[Opening Task material section]

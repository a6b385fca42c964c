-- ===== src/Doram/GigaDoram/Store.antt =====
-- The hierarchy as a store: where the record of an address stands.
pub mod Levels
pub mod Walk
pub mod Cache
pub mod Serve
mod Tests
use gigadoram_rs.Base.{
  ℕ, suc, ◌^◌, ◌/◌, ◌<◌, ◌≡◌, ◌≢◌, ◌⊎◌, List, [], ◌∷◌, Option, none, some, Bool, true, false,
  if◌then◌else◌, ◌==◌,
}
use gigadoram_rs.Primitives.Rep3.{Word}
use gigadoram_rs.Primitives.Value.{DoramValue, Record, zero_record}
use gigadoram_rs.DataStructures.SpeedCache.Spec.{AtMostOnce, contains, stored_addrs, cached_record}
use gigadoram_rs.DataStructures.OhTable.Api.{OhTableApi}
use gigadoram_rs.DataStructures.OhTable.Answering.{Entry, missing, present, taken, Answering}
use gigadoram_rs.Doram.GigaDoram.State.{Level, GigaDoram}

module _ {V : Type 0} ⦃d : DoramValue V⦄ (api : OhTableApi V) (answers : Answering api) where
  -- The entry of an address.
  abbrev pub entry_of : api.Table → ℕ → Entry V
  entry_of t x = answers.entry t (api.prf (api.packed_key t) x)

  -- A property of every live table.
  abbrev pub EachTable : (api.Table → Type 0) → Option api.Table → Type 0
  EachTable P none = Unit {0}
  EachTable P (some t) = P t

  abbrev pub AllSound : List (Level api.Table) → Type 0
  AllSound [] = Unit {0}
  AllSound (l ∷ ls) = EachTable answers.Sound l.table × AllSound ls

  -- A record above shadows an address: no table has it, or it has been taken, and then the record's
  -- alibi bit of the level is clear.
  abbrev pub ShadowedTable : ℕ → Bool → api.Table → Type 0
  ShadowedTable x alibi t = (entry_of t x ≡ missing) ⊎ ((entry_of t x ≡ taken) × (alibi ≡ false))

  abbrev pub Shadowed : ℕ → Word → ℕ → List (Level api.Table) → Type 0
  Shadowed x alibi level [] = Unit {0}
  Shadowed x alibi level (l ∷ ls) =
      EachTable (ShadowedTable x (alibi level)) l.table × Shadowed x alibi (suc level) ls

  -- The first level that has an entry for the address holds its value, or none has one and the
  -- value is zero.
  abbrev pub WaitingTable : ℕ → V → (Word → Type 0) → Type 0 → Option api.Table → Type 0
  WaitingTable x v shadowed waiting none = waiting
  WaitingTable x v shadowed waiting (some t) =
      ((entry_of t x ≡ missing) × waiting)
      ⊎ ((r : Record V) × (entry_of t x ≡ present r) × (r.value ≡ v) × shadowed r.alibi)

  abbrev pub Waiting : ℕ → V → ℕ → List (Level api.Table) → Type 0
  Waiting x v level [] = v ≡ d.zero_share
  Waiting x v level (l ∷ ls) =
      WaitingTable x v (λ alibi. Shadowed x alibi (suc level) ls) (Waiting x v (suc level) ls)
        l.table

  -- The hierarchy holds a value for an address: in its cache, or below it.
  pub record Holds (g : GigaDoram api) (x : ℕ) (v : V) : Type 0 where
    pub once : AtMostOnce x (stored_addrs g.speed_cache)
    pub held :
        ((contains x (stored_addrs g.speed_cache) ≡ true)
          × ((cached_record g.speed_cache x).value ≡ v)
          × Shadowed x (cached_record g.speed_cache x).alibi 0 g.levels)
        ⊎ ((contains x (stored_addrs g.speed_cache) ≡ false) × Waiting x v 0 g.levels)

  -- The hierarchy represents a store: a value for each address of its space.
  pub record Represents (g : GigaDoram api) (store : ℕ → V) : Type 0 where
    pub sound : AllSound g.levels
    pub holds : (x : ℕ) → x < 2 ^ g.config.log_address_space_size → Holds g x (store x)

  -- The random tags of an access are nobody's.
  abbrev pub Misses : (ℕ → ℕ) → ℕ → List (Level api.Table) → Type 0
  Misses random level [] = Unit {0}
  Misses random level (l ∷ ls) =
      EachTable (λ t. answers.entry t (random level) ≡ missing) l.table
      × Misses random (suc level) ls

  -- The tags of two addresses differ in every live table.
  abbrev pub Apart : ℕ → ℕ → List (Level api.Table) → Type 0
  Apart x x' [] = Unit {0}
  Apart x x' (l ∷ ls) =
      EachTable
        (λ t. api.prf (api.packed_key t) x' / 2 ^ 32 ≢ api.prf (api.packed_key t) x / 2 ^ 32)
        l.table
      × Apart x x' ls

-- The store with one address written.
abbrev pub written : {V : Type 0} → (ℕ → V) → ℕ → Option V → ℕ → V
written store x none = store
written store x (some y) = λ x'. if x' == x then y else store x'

[Closing Task material section]
[Opening Task material section]

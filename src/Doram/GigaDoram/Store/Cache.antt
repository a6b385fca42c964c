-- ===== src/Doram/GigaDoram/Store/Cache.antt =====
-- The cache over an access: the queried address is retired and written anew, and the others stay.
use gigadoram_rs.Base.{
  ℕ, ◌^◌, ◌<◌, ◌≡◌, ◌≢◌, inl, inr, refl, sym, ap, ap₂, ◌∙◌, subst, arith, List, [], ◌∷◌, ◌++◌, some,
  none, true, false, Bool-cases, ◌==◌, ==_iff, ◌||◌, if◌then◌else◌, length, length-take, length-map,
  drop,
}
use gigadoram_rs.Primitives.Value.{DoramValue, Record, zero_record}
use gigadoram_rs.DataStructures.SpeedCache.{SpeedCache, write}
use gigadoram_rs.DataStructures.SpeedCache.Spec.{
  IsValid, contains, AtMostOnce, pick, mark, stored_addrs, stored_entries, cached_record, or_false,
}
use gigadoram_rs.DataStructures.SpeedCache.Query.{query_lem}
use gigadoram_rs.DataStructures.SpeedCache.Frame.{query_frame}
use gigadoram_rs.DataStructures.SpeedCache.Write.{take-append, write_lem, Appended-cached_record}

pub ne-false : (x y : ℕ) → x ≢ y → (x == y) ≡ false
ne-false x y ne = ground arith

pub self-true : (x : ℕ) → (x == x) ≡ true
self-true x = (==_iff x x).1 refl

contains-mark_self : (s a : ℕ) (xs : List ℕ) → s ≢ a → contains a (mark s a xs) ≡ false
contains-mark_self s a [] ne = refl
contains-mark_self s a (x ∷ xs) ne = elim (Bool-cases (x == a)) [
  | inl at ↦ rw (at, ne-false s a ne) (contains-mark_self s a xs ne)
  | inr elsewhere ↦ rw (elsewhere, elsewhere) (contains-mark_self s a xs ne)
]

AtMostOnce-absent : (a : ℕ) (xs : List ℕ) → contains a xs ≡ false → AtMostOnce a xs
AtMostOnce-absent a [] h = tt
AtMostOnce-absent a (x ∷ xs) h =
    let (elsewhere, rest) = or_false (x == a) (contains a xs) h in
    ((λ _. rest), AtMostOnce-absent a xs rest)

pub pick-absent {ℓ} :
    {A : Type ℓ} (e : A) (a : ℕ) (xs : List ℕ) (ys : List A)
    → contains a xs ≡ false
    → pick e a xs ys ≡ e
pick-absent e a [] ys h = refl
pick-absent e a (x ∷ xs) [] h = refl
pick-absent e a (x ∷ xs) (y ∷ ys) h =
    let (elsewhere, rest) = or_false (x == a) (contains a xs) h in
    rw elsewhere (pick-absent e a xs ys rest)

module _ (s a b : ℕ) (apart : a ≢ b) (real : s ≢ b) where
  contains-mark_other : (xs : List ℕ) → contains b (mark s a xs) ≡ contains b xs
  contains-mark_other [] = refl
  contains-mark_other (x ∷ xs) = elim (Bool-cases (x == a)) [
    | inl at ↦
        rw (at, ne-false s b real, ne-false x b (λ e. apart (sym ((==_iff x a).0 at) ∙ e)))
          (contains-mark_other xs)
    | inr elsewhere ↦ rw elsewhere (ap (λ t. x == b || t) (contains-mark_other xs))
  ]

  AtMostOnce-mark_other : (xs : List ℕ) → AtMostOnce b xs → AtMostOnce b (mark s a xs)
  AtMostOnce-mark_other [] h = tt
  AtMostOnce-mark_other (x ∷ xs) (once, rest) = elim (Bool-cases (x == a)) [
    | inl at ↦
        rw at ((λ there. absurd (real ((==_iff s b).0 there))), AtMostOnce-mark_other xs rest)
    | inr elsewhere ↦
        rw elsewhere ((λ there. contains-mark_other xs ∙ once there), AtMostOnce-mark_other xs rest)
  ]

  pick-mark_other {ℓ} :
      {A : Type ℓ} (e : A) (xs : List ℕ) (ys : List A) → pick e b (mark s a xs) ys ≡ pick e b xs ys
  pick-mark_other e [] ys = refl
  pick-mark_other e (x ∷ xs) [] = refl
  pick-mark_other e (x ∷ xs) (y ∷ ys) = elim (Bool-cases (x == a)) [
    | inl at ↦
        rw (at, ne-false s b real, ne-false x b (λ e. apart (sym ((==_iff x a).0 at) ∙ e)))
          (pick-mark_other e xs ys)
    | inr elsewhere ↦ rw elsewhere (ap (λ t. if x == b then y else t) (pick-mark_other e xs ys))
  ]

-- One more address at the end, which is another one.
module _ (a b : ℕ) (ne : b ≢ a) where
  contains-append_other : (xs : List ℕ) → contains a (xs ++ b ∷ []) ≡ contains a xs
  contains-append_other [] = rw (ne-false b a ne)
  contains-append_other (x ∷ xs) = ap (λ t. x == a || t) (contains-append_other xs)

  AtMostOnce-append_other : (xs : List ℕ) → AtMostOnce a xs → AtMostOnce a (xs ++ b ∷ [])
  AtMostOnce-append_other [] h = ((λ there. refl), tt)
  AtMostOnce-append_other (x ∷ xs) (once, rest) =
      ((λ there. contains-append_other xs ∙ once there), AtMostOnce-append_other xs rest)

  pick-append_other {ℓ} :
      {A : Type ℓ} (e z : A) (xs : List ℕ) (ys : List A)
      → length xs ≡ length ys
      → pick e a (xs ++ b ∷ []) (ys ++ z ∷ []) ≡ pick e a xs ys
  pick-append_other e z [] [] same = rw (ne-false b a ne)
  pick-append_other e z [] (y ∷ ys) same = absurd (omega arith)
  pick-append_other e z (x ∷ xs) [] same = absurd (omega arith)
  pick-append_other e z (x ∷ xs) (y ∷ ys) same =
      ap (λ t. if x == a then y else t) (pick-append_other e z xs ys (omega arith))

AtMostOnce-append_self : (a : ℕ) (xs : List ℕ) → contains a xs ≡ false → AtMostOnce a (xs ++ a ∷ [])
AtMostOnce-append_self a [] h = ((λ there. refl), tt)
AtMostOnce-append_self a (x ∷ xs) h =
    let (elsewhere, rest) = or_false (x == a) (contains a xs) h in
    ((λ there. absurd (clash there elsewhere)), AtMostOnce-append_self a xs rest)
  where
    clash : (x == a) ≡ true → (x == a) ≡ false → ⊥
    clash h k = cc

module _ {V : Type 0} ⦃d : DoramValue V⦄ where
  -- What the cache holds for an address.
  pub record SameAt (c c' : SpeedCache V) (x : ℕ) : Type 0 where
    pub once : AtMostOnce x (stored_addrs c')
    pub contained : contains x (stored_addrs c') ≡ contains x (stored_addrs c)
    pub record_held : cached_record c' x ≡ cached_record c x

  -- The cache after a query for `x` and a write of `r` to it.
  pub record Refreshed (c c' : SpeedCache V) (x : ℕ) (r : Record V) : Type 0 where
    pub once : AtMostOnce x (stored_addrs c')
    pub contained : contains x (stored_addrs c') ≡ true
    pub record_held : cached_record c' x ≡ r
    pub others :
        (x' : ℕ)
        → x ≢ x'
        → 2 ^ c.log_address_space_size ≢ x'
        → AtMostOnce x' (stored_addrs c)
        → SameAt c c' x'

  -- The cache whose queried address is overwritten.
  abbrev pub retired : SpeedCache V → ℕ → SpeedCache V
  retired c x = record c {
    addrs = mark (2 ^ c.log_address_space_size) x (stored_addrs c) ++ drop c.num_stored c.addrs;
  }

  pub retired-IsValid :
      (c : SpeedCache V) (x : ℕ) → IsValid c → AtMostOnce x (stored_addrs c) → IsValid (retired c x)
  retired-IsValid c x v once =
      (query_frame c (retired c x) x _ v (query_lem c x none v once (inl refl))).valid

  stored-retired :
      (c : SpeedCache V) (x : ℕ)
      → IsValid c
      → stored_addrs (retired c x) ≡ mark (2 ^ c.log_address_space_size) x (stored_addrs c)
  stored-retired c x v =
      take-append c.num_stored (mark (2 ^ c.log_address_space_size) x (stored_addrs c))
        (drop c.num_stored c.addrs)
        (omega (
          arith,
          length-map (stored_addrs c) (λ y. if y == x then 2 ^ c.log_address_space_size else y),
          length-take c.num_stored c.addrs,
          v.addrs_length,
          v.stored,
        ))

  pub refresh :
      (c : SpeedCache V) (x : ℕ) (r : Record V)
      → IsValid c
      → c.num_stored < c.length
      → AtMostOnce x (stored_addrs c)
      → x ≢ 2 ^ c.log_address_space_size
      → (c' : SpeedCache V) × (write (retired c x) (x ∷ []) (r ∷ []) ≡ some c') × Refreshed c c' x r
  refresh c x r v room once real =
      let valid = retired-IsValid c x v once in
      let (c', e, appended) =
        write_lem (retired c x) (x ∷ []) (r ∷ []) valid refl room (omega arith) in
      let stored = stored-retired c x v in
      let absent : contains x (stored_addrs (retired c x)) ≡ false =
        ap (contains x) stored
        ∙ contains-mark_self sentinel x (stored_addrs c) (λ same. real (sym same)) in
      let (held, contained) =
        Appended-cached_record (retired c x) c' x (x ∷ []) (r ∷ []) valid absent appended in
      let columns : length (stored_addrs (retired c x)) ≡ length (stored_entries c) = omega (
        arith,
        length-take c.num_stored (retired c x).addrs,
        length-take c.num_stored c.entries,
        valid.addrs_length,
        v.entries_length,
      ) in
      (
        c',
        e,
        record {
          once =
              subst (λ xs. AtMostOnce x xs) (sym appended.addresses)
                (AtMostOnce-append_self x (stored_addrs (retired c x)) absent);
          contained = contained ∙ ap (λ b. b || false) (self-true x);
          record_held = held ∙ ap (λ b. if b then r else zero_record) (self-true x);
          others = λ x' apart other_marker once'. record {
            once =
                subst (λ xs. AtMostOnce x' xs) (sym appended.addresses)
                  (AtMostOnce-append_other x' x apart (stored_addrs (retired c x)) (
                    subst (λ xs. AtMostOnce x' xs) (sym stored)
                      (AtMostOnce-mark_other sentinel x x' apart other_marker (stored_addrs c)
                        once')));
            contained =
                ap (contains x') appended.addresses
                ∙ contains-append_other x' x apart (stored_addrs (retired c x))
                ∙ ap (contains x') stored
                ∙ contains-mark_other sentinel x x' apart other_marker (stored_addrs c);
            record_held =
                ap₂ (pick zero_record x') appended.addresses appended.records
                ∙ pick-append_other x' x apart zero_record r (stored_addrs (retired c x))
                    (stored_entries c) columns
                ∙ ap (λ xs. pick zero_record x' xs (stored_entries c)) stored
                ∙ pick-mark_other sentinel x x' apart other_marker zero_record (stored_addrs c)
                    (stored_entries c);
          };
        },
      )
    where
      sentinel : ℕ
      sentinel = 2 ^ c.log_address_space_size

[Closing Task material section]

[What the exercise asks] Search the entries for "alibi" and copy each matching line.

[Written reply]
  -- alibi bit of the level is clear.
  ShadowedTable x alibi t = (entry_of t x ≡ missing) ⊎ ((entry_of t x ≡ taken) × (alibi ≡ false))
  Shadowed x alibi level [] = Unit {0}
  Shadowed x alibi level (l ∷ ls) =
      EachTable (ShadowedTable x (alibi level)) l.table × Shadowed x alibi (suc level) ls
      ⊎ ((r : Record V) × (entry_of t x ≡ present r) × (r.value ≡ v) × shadowed r.alibi)
      WaitingTable x v (λ alibi. Shadowed x alibi (suc level) ls) (Waiting x v (suc level) ls)
          × Shadowed x (cached_record g.speed_cache x).alibi 0 g.levels)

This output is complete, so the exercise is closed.